Многие исполнители джаза, свинга и танцевальной музыки в Германии, конечно, были иностранцами, которые покинули страну во враждебном климате 1933 г. Однако, несмотря на всю агрессивность нацистской риторики, определить, что такое джаз, оказалось практически невозможным, поэтому с помощью некоторых ритмических уловок и благодаря надлежащему конформистскому поведению музыкантов оказалось вполне возможным продолжать исполнять джаз и свинг в бесчисленных клубах, барах, танцевальных площадках и отелях в Германии в 1930-е гг. Вышибалы в модных берлинских ночных клубах вроде «Рокси», «Филин», «Какаду» и «Сиро» выставляли за дверь всегда убого одетых нацистских шпионов, гарантируя, что их респектабельные клиенты смогут продолжать танцевать под последние джазовые и псевдоджазовые мелодии внутри. Если шпион проходил внутрь, клерк на входе просто звонил в секретный звонок, и музыканты быстро меняли музыку на своих пюпитрах, прежде чем тот успевал дойти до танцевальной площадки.

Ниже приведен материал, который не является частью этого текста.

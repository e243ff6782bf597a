-- ===== src/TlsRetry/Valid/Target.antt =====
-- The loop of runTarget against validateTarget.
use reachrun.Prelude.{
  ℕ, zero, suc, ◌+◌, ◌/◌, ◌≤◌, Bool, true, false, not, ◌&&◌, ◌||◌, Option, none, some, List, [],
  ◌∷◌, ◌++◌, ◌≡◌, inl, inr, refl, sym, subst, arith, ◌==◌, Bytes, bytes_eq_refl, length,
  length-append, All, All-append, ok, Bool-cases, Option-cases,
}
use reachrun.Probe.{Source}
use reachrun.TlsRetry.{
  attempt_limit, millisecond, TargetStatus, Attempt, TargetResult, should_retry, is_cancelled,
  interrupt_target, is_succeeded,
}
use reachrun.TlsRetry.Attempts.{
  RunState, World, fail, go, validate_observation, backoff, append_attempt, settle, attempt,
  attempt_loop, run_target, IsShared, invalid_probe_evidence,
}
use reachrun.TlsRetry.Checks.{
  Batch, validate_status, last_observation, validate_settled, validate_target,
}
use reachrun.TlsRetry.Valid.Sequence.{IsSequence-append, Known}
use reachrun.TlsRetry.Valid.Running.{
  Running, Settled, Agrees, IsOngoing, batch_of, last_or-append, is_empty-append,
  validate_target-Settled,
}
use reachrun.TlsRetry.Valid.Draws.{
  All-keeps, Running-Kept, Kept-fail, Backoff-cases, backoff-delay, validate_observation-some,
  backoff-stop,
}
use reachrun.TlsRetry.Valid.Stopped.{
  OnlyLast-append, CancelFits-ongoing, Kept, interrupt_target-Settled,
}

module _ (w : World) (shared : IsShared w) (is_completed : Bool) where
  abbrev batch : Batch
  batch = batch_of w is_completed

  -- A result that the checks accept.
  abbrev Passes : Bytes → TargetResult × RunState → Type 0
  Passes ip r = Agrees batch r.0 → Settled batch r.0 r.1 × (r.0.dial_ip ≡ ip)

  interrupt-Passes :
      (t : TargetResult) (s : RunState) → Kept batch t s → Passes t.dial_ip (interrupt_target t, s)
  interrupt-Passes t s h agrees = (interrupt_target-Settled batch t s h agrees, refl)

  last_observation-append :
      (t : TargetResult) (ip : Bytes) (xs : List Attempt) (a : Attempt)
      → last_observation batch t ip (xs ++ a ∷ []) ≡ some a.observation
  last_observation-append t ip [] a = refl
  last_observation-append t ip (x ∷ []) a = refl
  last_observation-append t ip (x ∷ y ∷ xs) a = last_observation-append t ip (y ∷ xs) a

  module _ (n delay : ℕ) (before : TargetResult) (s : RunState) where
    abbrev appended : TargetResult
    appended = append_attempt w n delay (w.observe n) before

    -- The target behind one more accepted attempt.
    record Appended : Type 0 where
      size : length before.attempts + 1 ≡ n
      few : n ≤ attempt_limit
      ongoing : All IsOngoing before.attempts
      kept : Kept batch appended s

    abbrev this : Attempt
    this = record { number = n; retry_delay_ms = delay / millisecond; observation = w.observe n }

    completed-Settled :
        Appended
        → is_cancelled (w.observe n).outcome ≡ false
        → not (should_retry (w.observe n)) || n == attempt_limit ≡ true
        → Settled batch (record appended { status = TargetStatus.completed }) s
    unfolding validate_status validate_settled
    completed-Settled a c r =
        let k = a.kept in
        let size = a.size in
        let long = length-append before.attempts (this ∷ []) in
        record {
          family = k.family;
          array = k.array;
          attempts = k.attempts;
          few = k.few;
          source = k.source;
          status = rw (is_empty-append before.attempts this) refl;
          cancel =
              CancelFits-ongoing batch before.dial_ip
                (record appended { status = TargetStatus.completed }) (before.attempts ++ this ∷ [])
                (All-append IsOngoing before.attempts (this ∷ []) a.ongoing (c, tt));
          last =
              rw
                (
                  validate_settled,
                  last_observation-append (record appended { status = TargetStatus.completed })
                      before.dial_ip before.attempts this,
                  c,
                  long,
                )
                (ground (arith, size, r));
        }

    next-Running :
        Appended
        → is_cancelled (w.observe n).outcome ≡ false
        → not (should_retry (w.observe n)) || n == attempt_limit ≡ false
        → Running batch (n + 1) appended s
    next-Running a c r =
        let k = a.kept in
        let size = a.size in
        let few = a.few in
        let long = length-append before.attempts (this ∷ []) in
        record {
          family = k.family;
          array = k.array;
          attempts = k.attempts;
          size = omega (arith, long, size);
          few = ground (arith, few, r);
          source = k.source;
          ongoing = All-append IsOngoing before.attempts (this ∷ []) a.ongoing (c, tt);
          retry = rw (last_or-append none before.attempts this) (ground (arith, r));
        }

    settle-Passes :
        (next : TargetResult → RunState → TargetResult × RunState)
        → Appended
        → (Running batch (n + 1) appended s → Passes appended.dial_ip (next appended s))
        → Passes appended.dial_ip (settle w n appended s next)
    unfolding settle
    settle-Passes next a h = elim (Bool-cases (w.done_appended n)) [
      | inl done ↦ rw (settle, done) (interrupt-Passes appended s a.kept)
      | inr going ↦ elim (Bool-cases (is_cancelled (w.observe n).outcome)) [
        | inl c ↦
            rw (settle, going, c)
              (interrupt-Passes appended (fail invalid_probe_evidence s)
                (Kept-fail batch invalid_probe_evidence appended s a.kept))
        | inr c ↦ elim (Bool-cases (not (should_retry (w.observe n)) || n == attempt_limit)) [
          | inl r ↦ rw (settle, going, c, r) (λ agrees. (completed-Settled a c r, refl))
          | inr r ↦ rw (settle, going, c, r) (h (next-Running a c r))
        ]
      ]
    ]

  accepted-Appended :
      (n delay : ℕ) (t : TargetResult) (s s' : RunState)
      → Running batch n t s
      → backoff w n s ≡ go delay
      → validate_observation w (w.observe n) t.dial_ip (w.others n s) ≡ some s'
      → Appended n delay t s'
  accepted-Appended n delay t s s' h drawn e =
      let o = w.observe n in
      let (valid, platform, request, found, keeps) =
        validate_observation-some w o t.dial_ip (w.others n s) s' e in
      let size = h.size in
      let few = h.few in
      let a : Attempt = record {
        number = n;
        retry_delay_ms = delay / millisecond;
        observation = o;
      } in
      let long = length-append t.attempts (a ∷ []) in
      record {
        size = size;
        few = few;
        ongoing = h.ongoing;
        kept = record {
          family = h.family;
          array = refl;
          few = omega (arith, long, size, few);
          attempts =
              IsSequence-append batch t.dial_ip 0 (length t.attempts) none t.attempts a
                (omega arith) h.attempts
                (record {
                  number = sym size;
                  delay = backoff-delay w batch n t s delay o h drawn;
                  valid = valid;
                  platform = platform;
                  request = request;
                });
          source =
              All-append (λ x. s'.source ≡ some x.observation.source) t.attempts (a ∷ [])
                (All-keeps s s' (λ x k. keeps x (shared.source_kept n s x k)) t.attempts h.source)
                (found, tt);
          cancel = OnlyLast-append t.attempts a h.ongoing;
        };
      }

  attempt-Passes :
      (n delay : ℕ) (t : TargetResult) (s : RunState)
      (next : TargetResult → RunState → TargetResult × RunState)
      → Running batch n t s
      → backoff w n s ≡ go delay
      → ((t' : TargetResult) (s' : RunState)
          → Running batch (n + 1) t' s'
          → Passes t'.dial_ip (next t' s'))
      → Passes t.dial_ip (attempt w n delay t s next)
  unfolding attempt
  attempt-Passes n delay t s next h drawn after =
      let s' = w.others n s in
      let kept = Running-Kept batch n t s s' (shared.source_kept n s) h in
      elim (Bool-cases (w.done_observed n && is_succeeded (w.observe n).outcome)) [
        | inl done ↦ rw (attempt, done) (interrupt-Passes t s' kept)
        | inr going ↦ elim (Option-cases (validate_observation w (w.observe n) t.dial_ip s')) [
          | inl e ↦
              rw (attempt, going, e)
                (interrupt-Passes t (fail invalid_probe_evidence s')
                  (Kept-fail batch invalid_probe_evidence t s' kept))
          | inr (accepted, e) ↦
              rw (attempt, going, e)
                (settle-Passes n delay t accepted next
                  (accepted-Appended n delay t s accepted h drawn e)
                  (after (append_attempt w n delay (w.observe n) t) accepted))
        ]
      ]

  attempt_loop-Passes :
      (left n : ℕ) (t : TargetResult) (s : RunState)
      → left + n ≡ attempt_limit + 1
      → Running batch n t s
      → Passes t.dial_ip (attempt_loop w left n t s)
  unfolding attempt_loop
  attempt_loop-Passes zero n t s e h = let few = h.few in absurd (omega (arith, e, few))
  attempt_loop-Passes (suc left) n t s e h = elim (Bool-cases (w.done_before n)) [
    | inl done ↦
        rw (attempt_loop, done) (interrupt-Passes t s (Running-Kept batch n t s s (λ x k. k) h))
    | inr going ↦ elim (Backoff-cases (backoff w n s)) [
      | inl (s', b) ↦
          rw (attempt_loop, going, b)
            (interrupt-Passes t s' (Running-Kept batch n t s s' (backoff-stop w n s s' b) h))
      | inr (delay, b) ↦
          rw (attempt_loop, going, b)
            (attempt-Passes n delay t s (attempt_loop w left (n + 1)) h b
              (λ t' s' h'. attempt_loop-Passes left (n + 1) t' s' (omega (arith, e)) h'))
    ]
  ]

-- What runTarget makes of a target that has an empty list of attempts, not a nil one, and whose family is that of its address is
-- accepted by validateTarget, in a batch of the run's platform that counts as completed only if the
-- target is, and whatever the delays, the observations, the cancellations and the other workers are,
-- as long as these keep a source that is set. The source known to the checks is absent or that of the
-- run, and is so again behind them.
pub run_target-valid :
    (w : World) (shared : IsShared w) (is_completed : Bool) (t : TargetResult) (s : RunState)
    (known : Option Source)
    → t.attempts ≡ []
    → t.attempts_nil ≡ false
    → t.family ≡ w.target_family t.dial_ip
    → Agrees (batch_of w is_completed) (run_target w t s).0
    → Known (run_target w t s).1.source known
    → (k : Option Source) × (validate_target
          (batch_of w is_completed)
          (run_target w t s).0
          t.dial_ip
          known
        ≡ ok k)
      × Known (run_target w t s).1.source k
unfolding run_target
run_target-valid w shared is_completed t s known none_yet array family agrees k =
    let (settled, same) =
      attempt_loop-Passes w shared is_completed attempt_limit 1 t s refl
        (record {
          family = rw family (bytes_eq_refl (w.target_family t.dial_ip));
          array = array;
          attempts = rw none_yet tt;
          size = rw none_yet refl;
          few = omega arith;
          ongoing = rw none_yet tt;
          source = rw none_yet tt;
          retry = rw none_yet tt;
        })
        agrees in
    let b = batch_of w is_completed in
    let r = run_target w t s in
    subst (λ ip. (k : Option Source) × (validate_target b r.0 ip known ≡ ok k) × Known r.1.source k)
      same (validate_target-Settled b r.0 r.1 known settled k)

Таким образом, социальная жизнь эпохи Веймарской республики продолжалась и в 1933 г. с небольшими изменениями кроме тех, которые были вызваны экономическими трудностями депрессии. Даже еврейские музыканты в основном смогли продолжить играть в клубах до осени 1933 г., а некоторым это удавалось и еще некоторое время после. В знаменитом берлинском баре «Фемина» свинговые оркестры продолжали играть для более тысячи танцующих всю ночь, а система из 225 настольных телефонов с инструкциями по использованию на немецком и английском позволяла людям без пары найти себе потенциального партнера, сидящего где-то в зале. Музыкальные стандарты, возможно, были не слишком высоки, однако уничтожение повседневных (или ночных) удовольствий оказалось бы контрпродуктивным, даже несмотря на то, что нацисты могли это сделать[933]. Только там, где в выступлениях открыто затрагивались политические темы, как в знаменитых берлинских кабаре, штурмовики действовали со всей серьезностью, организовывая изгнание еврейских исполнителей и заставляя молчать певцов и комедиантов, имевших коммунистические, социал-демократические, либеральные или левые убеждения. Другие меняли свои представления, убирая политическую составляющую. Нацисты в свою очередь, понимая популярность кабаре и необходимость оставить людям хотя бы часть их развлечений, пытались создать «положительный тип кабаре», где все шутки бы были направлены на их врагов. Ходила история, будто бы прославленная актриса кабаре, Клэр Вальдофф, нашла в себе смелость спеть сатирическую песню о Геринге на мотив своей музыкальной заставки «Герман»: «Медали слева, медали справа / А живот у него все растет и растет / Он командующий Пруссией / А зовут его Герман!» Впоследствии, когда бы она ни пела оригинальную версию «Германа», ее слушатели понимающе ухмылялись, вспоминая сатирические строчки. Однако Вальдофф не писала таких стихов: эта шутка родилась в народе и была приписана ей молвой. К середине 1933 г. нацисты окончательно лишили кабаре его сердца[934]. Для некоторых это оказалось чересчур. Пауль Николаус, политический конферансье знаменитого берлинского клуба «Кадеко» («Кабаре комедиантов»), бежал в Люцерн, где покончил с собой 30 марта 1933 г. «Первый раз никаких шуток, — писал он. — Я забираю свою собственную жизнь. Почему? Я не могу вернуться в Германию, не приняв ее. Я не могу теперь там работать, я не хочу теперь там работать, но на свою беду я влюблен в свою Родину. Я не могу жить в эти времена»[935].